General and administrative expenses in the second quarter 2017 were $26.8 million, a decrease of 1.6% compared to the prior year period.

Interest expense in the second quarter 2017 was $13.4 million, an increase of $4.9 million compared to the prior year period, due to the $400.0 million Term Loan Facility entered into by the Company in the third quarter 2016 to finance the Teva Transaction.

2017 Financial Guidance

The Company's full year 2017 financial guidance is noted below. The Company's full year 2017 estimates are based on management's current expectations, including with respect to prescription trends, pricing levels, inventory levels, and the anticipated timing of future product launches and events.  The estimates exclude the cost savings and one-time charges from the new cost savings initiatives of $85.0 million as outlined in the consolidation and improvement plan announced on May 10, 2017.

The Company does not provide forward-looking guidance metrics as outlined below on a GAAP basis as certain financial information, such as restructuring and impairment charges and other items used to determine such measures are not available and cannot be reasonably estimated. The following statements are forward looking and actual results could differ materially depending on market conditions and the factors set forth under "Safe Harbor" below.

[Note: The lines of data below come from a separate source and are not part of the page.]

-- ===== src/Example/Install/Held.antt =====
-- The handles and keys that installing and removing hold.
use winsvc.Prelude.{◌≡◌, refl, ◌∙◌, true, List, arith}
use winsvc.Unicode.{GoString, codes}
use winsvc.Winapi.System.{
  Error, Os, Trace, Outcome, ok, err, panic, M, Attempt, returned, failed, attempt, settle, resume,
  ignore,
}
use winsvc.Winapi.Resources.{Resource, sc_handle, live}
use winsvc.Winapi.Resources.Bracket.{
  KeepsLive, bind-KeepsLive, Acquired, Acquires, bracket-KeepsLive,
}
use winsvc.EventLog.Source
use winsvc.EventLog.Source.Installed.{install-KeepsLive, remove-KeepsLive}
use winsvc.Mgr.Manager.{
  Mgr, Service, connect, disconnect, with_defaults, create_call, create_service, open_service,
}
use winsvc.Mgr.Control
use winsvc.Mgr.Strings.{to_ptr}
use winsvc.Example.Manage.Held.{
  connect-Acquires, disconnect-Releases, close-Releases, explained-KeepsLive,
}
use winsvc.Example.Install.{
  Files, named_config, or_delete, register, unless_found, install_in, install_with, install_service,
  exe_path, open_installed, delete_all, remove_service,
}

create_service-Acquires :
    (m : Mgr) (name desc exepath : GoString)
    → Acquires (λ s. sc_handle s.handle) (create_service m name exepath (named_config desc))
unfolding create_service create_call to_ptr with_defaults
create_service-Acquires m name desc exepath os t = ground arith

or_delete-KeepsLive : (s : Service) (x : Attempt (Unit {0})) → KeepsLive (or_delete s x)
unfolding or_delete
or_delete-KeepsLive s (returned _) os t = refl
or_delete-KeepsLive s (failed e) os t = ground arith

attempt-KeepsLive : {A : Type 0} (m : M A) → KeepsLive m → KeepsLive (attempt m)
attempt-KeepsLive m k os t = ground (arith, k os t)

register-KeepsLive : (name : GoString) (s : Service) → KeepsLive (register name s)
unfolding register
register-KeepsLive name s =
    bind-KeepsLive (attempt (Source.install_as_event_create name 7)) (or_delete s)
      (attempt-KeepsLive (Source.install_as_event_create name 7) (install-KeepsLive name _ true 7))
      (or_delete-KeepsLive s)

module _ (name desc : GoString) where
  create-KeepsLive :
      (exepath : GoString) (m : Mgr) (e : Error)
      → KeepsLive (unless_found m name desc exepath (failed e))
  unfolding unless_found
  create-KeepsLive exepath m e =
      bracket-KeepsLive (λ s. sc_handle s.handle)
        (create_service m name exepath (named_config desc)) (λ s. ignore (Control.close s))
        (register name) (create_service-Acquires m name desc exepath) close-Releases
        (register-KeepsLive name)

  -- Behind OpenService, whichever way it ends.
  unless_found-live :
      (exepath : GoString) (m : Mgr) (x : Outcome Service × Trace) (os : Os) (held : List Resource)
      → Acquired (λ s. sc_handle s.handle) held x
      → live (resume (settle x) (unless_found m name desc exepath) os).1 ≡ held
  unfolding unless_found Control.close
  unless_found-live exepath m (ok s, t) os held h = ground arith
  unless_found-live exepath m (err e, t) os held h = create-KeepsLive exepath m e os t ∙ h
  unless_found-live exepath m (panic, t) os held h = h

  open_service-Acquires : (m : Mgr) → Acquires (λ s. sc_handle s.handle) (open_service m name)
  unfolding open_service
  open_service-Acquires m os t = ground arith

  install_in-KeepsLive : (exepath : GoString) (m : Mgr) → KeepsLive (install_in name desc exepath m)
  unfolding install_in
  install_in-KeepsLive exepath m os t =
      unless_found-live exepath m (open_service m name os t) os (live t)
        (open_service-Acquires m os t)

  install_with-KeepsLive : (x : Attempt GoString) → KeepsLive (install_with name desc x)
  unfolding install_with
  install_with-KeepsLive (failed e) os t = refl
  install_with-KeepsLive (returned exepath) os t =
      bracket-KeepsLive (λ m. sc_handle m.handle) connect (λ m. ignore (disconnect m))
        (install_in name desc exepath) connect-Acquires disconnect-Releases
        (install_in-KeepsLive exepath) os t

-- However it ends, installService has closed the handles and keys that it opened.
pub install_service-KeepsLive :
    (files : Files) (prog name desc : GoString) → KeepsLive (install_service files prog name desc)
unfolding install_service
install_service-KeepsLive files prog name desc =
    install_with-KeepsLive name desc (exe_path files prog)

delete-KeepsLive : (s : Service) → KeepsLive (Control.delete s)
unfolding Control.delete
delete-KeepsLive s os t = ground arith

delete_all-KeepsLive : (name : GoString) (s : Service) → KeepsLive (delete_all name s)
unfolding delete_all
delete_all-KeepsLive name s = bind-KeepsLive (Control.delete s) _ (delete-KeepsLive s) (λ _.
    explained-KeepsLive (codes "RemoveEventLogSource() failed: ") (Source.remove name)
      (remove-KeepsLive name))

open_installed-Acquires :
    (m : Mgr) (name : GoString) → Acquires (λ s. sc_handle s.handle) (open_installed m name)
unfolding open_installed
open_installed-Acquires m name os t = ground arith

-- However it ends, removeService has closed the handles and keys that it opened.
pub remove_service-KeepsLive : (name : GoString) → KeepsLive (remove_service name)
unfolding remove_service
remove_service-KeepsLive name =
    bracket-KeepsLive (λ m. sc_handle m.handle) connect (λ m. ignore (disconnect m)) _
      connect-Acquires disconnect-Releases
      (λ m.
        bracket-KeepsLive (λ s. sc_handle s.handle) (open_installed m name)
          (λ s. ignore (Control.close s)) (delete_all name) (open_installed-Acquires m name)
          close-Releases (delete_all-KeepsLive name))
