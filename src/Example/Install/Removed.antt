-- ===== src/Example/Install/Removed.antt =====
-- removeService on the services that Windows stores.
use winsvc.Prelude.{ℕ, ◌≡◌, not, ◌&&◌, Bool, false, List, ◌⊎◌, ◌++◌}
use winsvc.Unicode.{GoString, codes, has_nul, same_text}
use winsvc.Winapi.System.{Error, errno, message, wrapped, Os, Trace, Outcome, ok, err, panic, ◌>>=◌}
use winsvc.Mgr.Control
use winsvc.Mgr.Manager.{Mgr, Service}
use winsvc.EventLog.Source
use winsvc.Example.Install.Stored.{service_key, is_service, installed}

abbrev pub absent : GoString → Error
absent name = message (codes "service " ++ (name ++ codes " is not installed"))

-- The error of a call of Windows.
abbrev pub IsErrno : Error → Type 0
IsErrno e = (k : ℕ) × (e ≡ errno k)

module _ (fold : List ℕ → List ℕ) (first : List ℕ → Bool) (name : GoString) (n : List ℕ) where
  abbrev pub WithoutService : (before : Bool) → Trace → Type 0
  WithoutService before t =
      installed fold first n t ≡ (not (same_text (service_key fold name) n) && before)

  -- The service is gone, also behind an error at its event source; or the services are as they
  -- were, and the error is that of a call of Windows or says that the service is not installed.
  abbrev pub EndsRemoved : (before : Bool) → Outcome (Unit {0}) × Trace → Type 0
  EndsRemoved before (ok u, t) = WithoutService before t
  EndsRemoved before (err e, t) =
      ((installed fold first n t ≡ before) × ((e ≡ absent name) ⊎ IsErrno e))
      ⊎ (WithoutService before t
          × ((e' : Error) × (e ≡ wrapped (codes "RemoveEventLogSource() failed: ") e')))
  EndsRemoved before (panic, t) = ⊥

module _ (os : Os) (fold : List ℕ → List ℕ) (first : List ℕ → Bool) (name : GoString) (n : List ℕ)
    (plain : has_nul name ≡ false) where
  abbrev Found : (before : Bool) → Outcome Service × Trace → Type 0
  Found before (ok s, t) =
      (is_service fold s.handle n t ≡ same_text (service_key fold name) n)
      × (installed fold first n t ≡ before)
  Found before (err e, t) = (e ≡ absent name) × (installed fold first n t ≡ before)
  Found before (panic, t) = ⊥

  abbrev Deleted : (before : Bool) → Outcome (Unit {0}) × Trace → Type 0
  Deleted before (ok u, t) = WithoutService fold first name n before t
  Deleted before (err e, t) = (installed fold first n t ≡ before) × IsErrno e
  Deleted before (panic, t) = ⊥

  abbrev Connected : (before : Bool) → Outcome Mgr × Trace → Type 0
  Connected before (ok m, t) = installed fold first n t ≡ before
  Connected before (err e, t) = (installed fold first n t ≡ before) × IsErrno e
  Connected before (panic, t) = ⊥
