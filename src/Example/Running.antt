-- ===== src/Example/Running.antt =====
-- example/service.go: runService, over both logs. What an errno reads like is an argument, and so
-- is what the threads of svc need beside the name; on the console the exit code of Execute is one.
pub mod Logged
use winsvc.Prelude.{ℕ, Bool, ◌++◌, if◌then◌else◌}
use winsvc.Unicode.{GoString, codes}
use winsvc.Winapi.System.{Error, errno, message, wrapped, Attempt, returned, failed, Outcome}
use winsvc.Debug.Console
use winsvc.Debug.Log.{
  Program, return, on_windows, on_console, attempt, ignore, deferred, ◌>>=◌, Log, console_log,
  event_log,
}
use winsvc.Debug.Pump.{exit_result}
use winsvc.EventLog.Log as EventSource
use winsvc.Svc.Run.{Callback}
use winsvc.Svc.Run
use winsvc.Svc.Types.{ExitCode}

-- What Windows calls an errno.
abbrev pub ErrnoText : Type 0
ErrnoText = ℕ → GoString

-- The %v of an error.
unfoldable pub error_text : ErrnoText → Error → GoString
error_text texts (errno n) = texts n
error_text texts (message m) = m
error_text texts (wrapped m e) = m ++ error_text texts e

abbrev pub starting : GoString → GoString
starting name = codes "starting " ++ (name ++ codes " service")

abbrev pub stopped_text : GoString → GoString
stopped_text name = name ++ codes " service stopped"

abbrev pub failed_text : (name text : GoString) → GoString
failed_text name text = name ++ (codes " service failed: " ++ text)

-- What stands behind the run.
unfoldable pub report_end :
    ErrnoText → Log → (name : GoString) → Attempt (Unit {0}) → Program (Unit {0})
unfolding error_text
report_end texts l name (returned _) = ignore (l.info 1 (stopped_text name))
report_end texts l name (failed e) = ignore (l.error 1 (failed_text name (error_text texts e)))

-- From `defer elog.Close()` on.
unfoldable pub run_with :
    ErrnoText → Log → (GoString → Program (Unit {0})) → (name : GoString) → Program (Unit {0})
unfolding report_end
run_with texts l run name = deferred (ignore l.close) (do
  _ ← ignore (l.info 1 (starting name))
  ended ← attempt (run name)
  report_end texts l name ended)

-- debug.Run, where Execute returned this exit code.
unfoldable pub console_run : ExitCode → GoString → Program (Unit {0})
unfolding exit_result
console_run ec name = on_console (λ console out. (exit_result ec, out))

unfoldable pub service_run : (svcmain : ℕ) → Callback → GoString → Program (Unit {0})
unfolding Run.run_service
service_run svcmain callback name = on_windows (Run.run_service name svcmain callback)

unfoldable pub run_opened :
    ErrnoText
    → (svcmain : ℕ) → Callback
    → (name : GoString) → Attempt EventSource.Log
    → Program (Unit {0})
run_opened texts svcmain callback name (failed e) = return tt
run_opened texts svcmain callback name (returned l) =
    run_with texts (event_log l) (service_run svcmain callback) name

unfoldable pub run_service :
    ErrnoText
    → (svcmain : ℕ) → Callback
    → ExitCode
    → (name : GoString) → (is_debug : Bool) → Program (Unit {0})
run_service texts svcmain callback ec name is_debug =
    if is_debug then run_with texts (console_log (Console.new name)) (console_run ec) name else (do
      opened ← attempt (on_windows (EventSource.open_log name))
      run_opened texts svcmain callback name opened)
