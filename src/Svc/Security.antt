-- ===== src/Svc/Security.antt =====
-- svc/security.go: whether the process runs in an interactive session.
pub mod Tokens
pub mod Session
use winsvc.Prelude.{ℕ, suc, Bool, true, false, List, [], ◌∷◌, length, ltb, ◌==◌, if◌then◌else◌}
use winsvc.Syscall
use winsvc.Winapi.Constants
use winsvc.Winapi.Procs
use winsvc.Winapi.Types.{Tokengroups}
use winsvc.Winapi.System.{
  Reply, Error, errno, message, wrapped, M, return, fail, panics, ◌>>=◌, Attempt, returned, failed,
  ignore, deferred,
}

-- The buffer that the call filled, read as the groups of a token.
unfoldable pub get_info : (t class init_size : ℕ) → M Tokengroups
unfolding Syscall.get_token_information Syscall.query_grown
get_info t class init_size = do
  r ← Syscall.query_grown (Syscall.get_token_information t class) init_size
  return r.token_groups

unfoldable pub get_token_groups : ℕ → M Tokengroups
unfolding get_info
get_token_groups t = get_info t Constants.token_groups 50

unfoldable pub alloc_sid : ℕ → M ℕ
unfolding Procs.allocate_sid
alloc_sid sub_auth0 = Procs.allocate_sid (record {
  ident_auth = Constants.security_nt_authority;
  sub_auth = 1;
  sub_auths = sub_auth0 ∷ 0 ∷ 0 ∷ 0 ∷ 0 ∷ 0 ∷ 0 ∷ 0 ∷ [];
})

-- The loop over the groups of the token.
unfoldable pub search_groups : List ℕ → (inter_sid service_sid : ℕ) → M Bool
unfolding Procs.equal_sid
search_groups [] inter_sid service_sid = return false
search_groups (g ∷ groups) inter_sid service_sid = do
  is_inter ← Procs.equal_sid g inter_sid
  if is_inter then return true else (do
    is_service ← Procs.equal_sid g service_sid
    if is_service then return false else search_groups groups inter_sid service_sid)

-- The slice of an array of 2 << 20 groups.
unfoldable pub scan_groups : Tokengroups → (inter_sid service_sid : ℕ) → M Bool
scan_groups gs inter_sid service_sid =
    if ltb 0x200000 (length gs.groups)
    then panics
    else search_groups gs.groups inter_sid service_sid

unfoldable pub query_token : (inter_sid service_sid : ℕ) → M Bool
unfolding Syscall.open_current_process_token Syscall.close_token
query_token inter_sid service_sid = do
  t ← Syscall.open_current_process_token
  deferred (ignore (Syscall.close_token t))
      (do gs ← get_token_groups t; scan_groups gs inter_sid service_sid)

unfoldable pub is_an_interactive_session : M Bool
unfolding alloc_sid Procs.free_sid
is_an_interactive_session = do
  inter_sid ← alloc_sid Constants.security_interactive_rid
  deferred (ignore (Procs.free_sid inter_sid)) (do
    service_sid ← alloc_sid Constants.security_service_rid
    deferred (ignore (Procs.free_sid service_sid)) (query_token inter_sid service_sid))

unfoldable pub is_an_iinteractive_session : M Bool
is_an_iinteractive_session = is_an_interactive_session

  • Adjusted gross margins as a percent of total revenue are expected to be approximately 47% to 49%.
  • UPDATED - Adjusted research and development expenses, including patent litigation expenses, across the generic and brand divisions of approximately $93 million to $97 million (previously $90 million to $95 million).
  • Adjusted selling, general and administrative expenses of approximately $190 million to $195 million.
  • Adjusted interest expense of approximately $28 million.
  • Capital expenditures of approximately $25 million to $30 million.
  • UPDATED - Effective tax rate of approximately 33% (previously 33% to 34%).
  • Full year 2017 adjusted net income per share of $0.55 to $0.70

Conference Call Information

The Company will host a conference call with a slide presentation on August 9, 2017 at 8:30 a.m. ET to discuss its results. The call and presentation can also be accessed via a live Webcast through the Investor Relations section of the Company's Web site, www.impaxlabs.com. The number to call from within the United States is (877) 356-3814 and (706) 758-0033 internationally. The conference ID is 48618927. A replay of the conference call will be available shortly after the call for a period of seven days. To access the replay, dial (855) 859-2056 (in the U.S.) and (404) 537-3406 (international callers).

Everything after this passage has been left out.